Stored dataset items:
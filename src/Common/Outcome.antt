-- ===== src/Common/Outcome.antt =====
-- Rust's `Result`, with `?` as bind.
use mathlib.Core.Path.{◌≡◌, refl}
use mathlib.Core.Logic.{◌⊎◌, inl, inr}
use mathlib.Core.Bool.{Bool, true, false}

pub data Result {ℓ κ} (E : Type ℓ) (A : Type κ) : Type (ℓ ⊔ κ) where
  err : E → Result E A
  ok : A → Result E A

pub Result-cases {ℓ κ} :
    {E : Type ℓ} {A : Type κ} (outcome : Result E A)
    → ((value : A) × (outcome ≡ ok value)) ⊎ ((error : E) × (outcome ≡ err error))
Result-cases (err error) = inr (error, refl)
Result-cases (ok value) = inl (value, refl)

-- `if test { return Err(error); }`
abbrev pub fail_if {ℓ} : {E : Type ℓ} → Bool → E → Result E (Unit {0})
fail_if false error = ok tt
fail_if true error = err error

-- `outcome?` before `rest`
infixl 5 ◌>>=◌
abbrev pub ◌>>=◌ {ℓ κ μ} :
    {E : Type ℓ} {A : Type κ} {B : Type μ} → Result E A → (A → Result E B) → Result E B
err error >>= rest = err error
ok value >>= rest = rest value

-- What a chain that succeeded went through.
pub >>=-eq-ok {ℓ κ μ} :
    {E : Type ℓ} {A : Type κ} {B : Type μ} (first : Result E A) (rest : A → Result E B) {answer : B}
    → (first >>= rest) ≡ ok answer
    → (value : A) × (first ≡ ok value) × (rest value ≡ ok answer)
>>=-eq-ok (err error) rest succeeded = cc
>>=-eq-ok (ok value) rest succeeded = (value, refl, succeeded)

infixl 5 ◌>>◌
abbrev pub ◌>>◌ {ℓ κ} : {E : Type ℓ} {B : Type κ} → Result E (Unit {0}) → Result E B → Result E B
checks >> rest = checks >>= λ _. rest

pub fail_if-eq-ok {ℓ} :
    {E : Type ℓ} (test : Bool) (error : E) {u : Unit {0}} → fail_if test error ≡ ok u → test ≡ false
fail_if-eq-ok false error passed = refl
fail_if-eq-ok true error passed = cc

-- A guard that let the rest go on did not fire.
pub fail_if-then {ℓ κ} :
    {E : Type ℓ} {B : Type κ} (test : Bool) (error : E) (rest : Result E B) {answer : B}
    → (fail_if test error >> rest) ≡ ok answer
    → (test ≡ false) × (rest ≡ ok answer)
fail_if-then false error rest passed = (refl, passed)
fail_if-then true error rest passed = cc
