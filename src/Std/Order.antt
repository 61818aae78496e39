-- ===== src/Std/Order.antt =====
-- `Ord`, and the ordered collections `BTreeSet` and `BTreeMap` as sorted lists.
use bound_seal.Common.{
  ℕ, compare, Ordering, ◌≡◌, refl, ◌↔◌, Bool, true, false, List, [], ◌∷◌, arith,
}

pub record Ord {ℓ} (A : Type ℓ) : Type ℓ where
  pub cmp : A → A → Ordering
  pub cmp_iff : (a b : A) → (cmp a b ≡ Ordering.eq) ↔ (a ≡ b)

pub compare_iff : (a b : ℕ) → (compare a b ≡ Ordering.eq) ↔ (a ≡ b)
compare_iff a b = ground arith

instance abbrev pub nat_ord : Ord ℕ
nat_ord = record { cmp = compare; cmp_iff = compare_iff }

abbrev pub is_eq : Ordering → Bool
is_eq Ordering.eq = true
is_eq _ = false

-- `==` of a type with `Ord`.
abbrev pub same {ℓ} : {A : Type ℓ} ⦃o : Ord A⦄ → A → A → Bool
same ⦃o⦄ a b = is_eq (o.cmp a b)

pub is_eq_iff : (c : Ordering) → (is_eq c ≡ true) ↔ (c ≡ Ordering.eq)
is_eq_iff Ordering.lt = (λ h. cc, λ h. cc)
is_eq_iff Ordering.eq = (λ _. refl, λ _. refl)
is_eq_iff Ordering.gt = (λ h. cc, λ h. cc)

module _ {ℓ} {A : Type ℓ} ⦃o : Ord A⦄ where
  pub same_iff : (a b : A) → (same a b ≡ true) ↔ (a ≡ b)
  same_iff a b =
      (λ h. (o.cmp_iff a b).0 ((is_eq_iff _).0 h), λ h. (is_eq_iff _).1 ((o.cmp_iff a b).1 h))

  pub same_refl : (a : A) → same a a ≡ true
  same_refl a = (same_iff a a).1 refl

-- Lexicographic order.
abbrev pub then_cmp : Ordering → Ordering → Ordering
then_cmp Ordering.lt d = Ordering.lt
then_cmp Ordering.eq d = d
then_cmp Ordering.gt d = Ordering.gt

module _ {ℓ} {A : Type ℓ} ⦃o : Ord A⦄ where
  abbrev pub list_cmp : List A → List A → Ordering
  list_cmp [] [] = Ordering.eq
  list_cmp [] (y ∷ ys) = Ordering.lt
  list_cmp (x ∷ xs) [] = Ordering.gt
  list_cmp (x ∷ xs) (y ∷ ys) = then_cmp (o.cmp x y) (list_cmp xs ys)

  pub list_cmp_iff : (xs ys : List A) → (list_cmp xs ys ≡ Ordering.eq) ↔ (xs ≡ ys)
  list_cmp_iff [] [] = (λ _. refl, λ _. refl)
  list_cmp_iff [] (y ∷ ys) = (λ h. cc, λ h. cc)
  list_cmp_iff (x ∷ xs) [] = (λ h. cc, λ h. cc)
  list_cmp_iff (x ∷ xs) (y ∷ ys) = (
    λ h. ground (arith, o.cmp_iff x y, list_cmp_iff xs ys),
    λ h. ground (arith, o.cmp_iff x y, list_cmp_iff xs ys),
  )

instance abbrev pub list_ord {ℓ} : {A : Type ℓ} ⦃o : Ord A⦄ → Ord (List A)
list_ord = record { cmp = list_cmp; cmp_iff = list_cmp_iff }

module _ {ℓ κ} {A : Type ℓ} {B : Type κ} ⦃o : Ord A⦄ ⦃p : Ord B⦄ where
  abbrev pub pair_cmp : A × B → A × B → Ordering
  pair_cmp (a, b) (c, d) = then_cmp (o.cmp a c) (p.cmp b d)

  pub pair_cmp_iff : (x y : A × B) → (pair_cmp x y ≡ Ordering.eq) ↔ (x ≡ y)
  pair_cmp_iff (a, b) (c, d) = (
    λ h. ground (arith, o.cmp_iff a c, p.cmp_iff b d),
    λ h. ground (arith, o.cmp_iff a c, p.cmp_iff b d),
  )

instance abbrev pub pair_ord {ℓ κ} : {A : Type ℓ} {B : Type κ} ⦃o : Ord A⦄ ⦃p : Ord B⦄ → Ord (A × B)
pair_ord = record { cmp = pair_cmp; cmp_iff = pair_cmp_iff }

[Exercise instructions]:
The answer is the records above restated word for word from their opening line through the line that holds "fail_if-then false error", both included, and nothing else.

[The completed task]:
filename src/Common/Outcome.antt
-- ===== src/Common/Outcome.antt =====
-- Rust's `Result`, with `?` as bind.
use mathlib.Core.Path.{◌≡◌, refl}
use mathlib.Core.Logic.{◌⊎◌, inl, inr}
use mathlib.Core.Bool.{Bool, true, false}

pub data Result {ℓ κ} (E : Type ℓ) (A : Type κ) : Type (ℓ ⊔ κ) where
  err : E → Result E A
  ok : A → Result E A

pub Result-cases {ℓ κ} :
    {E : Type ℓ} {A : Type κ} (outcome : Result E A)
    → ((value : A) × (outcome ≡ ok value)) ⊎ ((error : E) × (outcome ≡ err error))
Result-cases (err error) = inr (error, refl)
Result-cases (ok value) = inl (value, refl)

-- `if test { return Err(error); }`
abbrev pub fail_if {ℓ} : {E : Type ℓ} → Bool → E → Result E (Unit {0})
fail_if false error = ok tt
fail_if true error = err error

-- `outcome?` before `rest`
infixl 5 ◌>>=◌
abbrev pub ◌>>=◌ {ℓ κ μ} :
    {E : Type ℓ} {A : Type κ} {B : Type μ} → Result E A → (A → Result E B) → Result E B
err error >>= rest = err error
ok value >>= rest = rest value

-- What a chain that succeeded went through.
pub >>=-eq-ok {ℓ κ μ} :
    {E : Type ℓ} {A : Type κ} {B : Type μ} (first : Result E A) (rest : A → Result E B) {answer : B}
    → (first >>= rest) ≡ ok answer
    → (value : A) × (first ≡ ok value) × (rest value ≡ ok answer)
>>=-eq-ok (err error) rest succeeded = cc
>>=-eq-ok (ok value) rest succeeded = (value, refl, succeeded)

infixl 5 ◌>>◌
abbrev pub ◌>>◌ {ℓ κ} : {E : Type ℓ} {B : Type κ} → Result E (Unit {0}) → Result E B → Result E B
checks >> rest = checks >>= λ _. rest

pub fail_if-eq-ok {ℓ} :
    {E : Type ℓ} (test : Bool) (error : E) {u : Unit {0}} → fail_if test error ≡ ok u → test ≡ false
fail_if-eq-ok false error passed = refl
fail_if-eq-ok true error passed = cc

-- A guard that let the rest go on did not fire.
pub fail_if-then {ℓ κ} :
    {E : Type ℓ} {B : Type κ} (test : Bool) (error : E) (rest : Result E B) {answer : B}
    → (fail_if test error >> rest) ≡ ok answer
    → (test ≡ false) × (rest ≡ ok answer)
fail_if-then false error rest passed = (refl, passed)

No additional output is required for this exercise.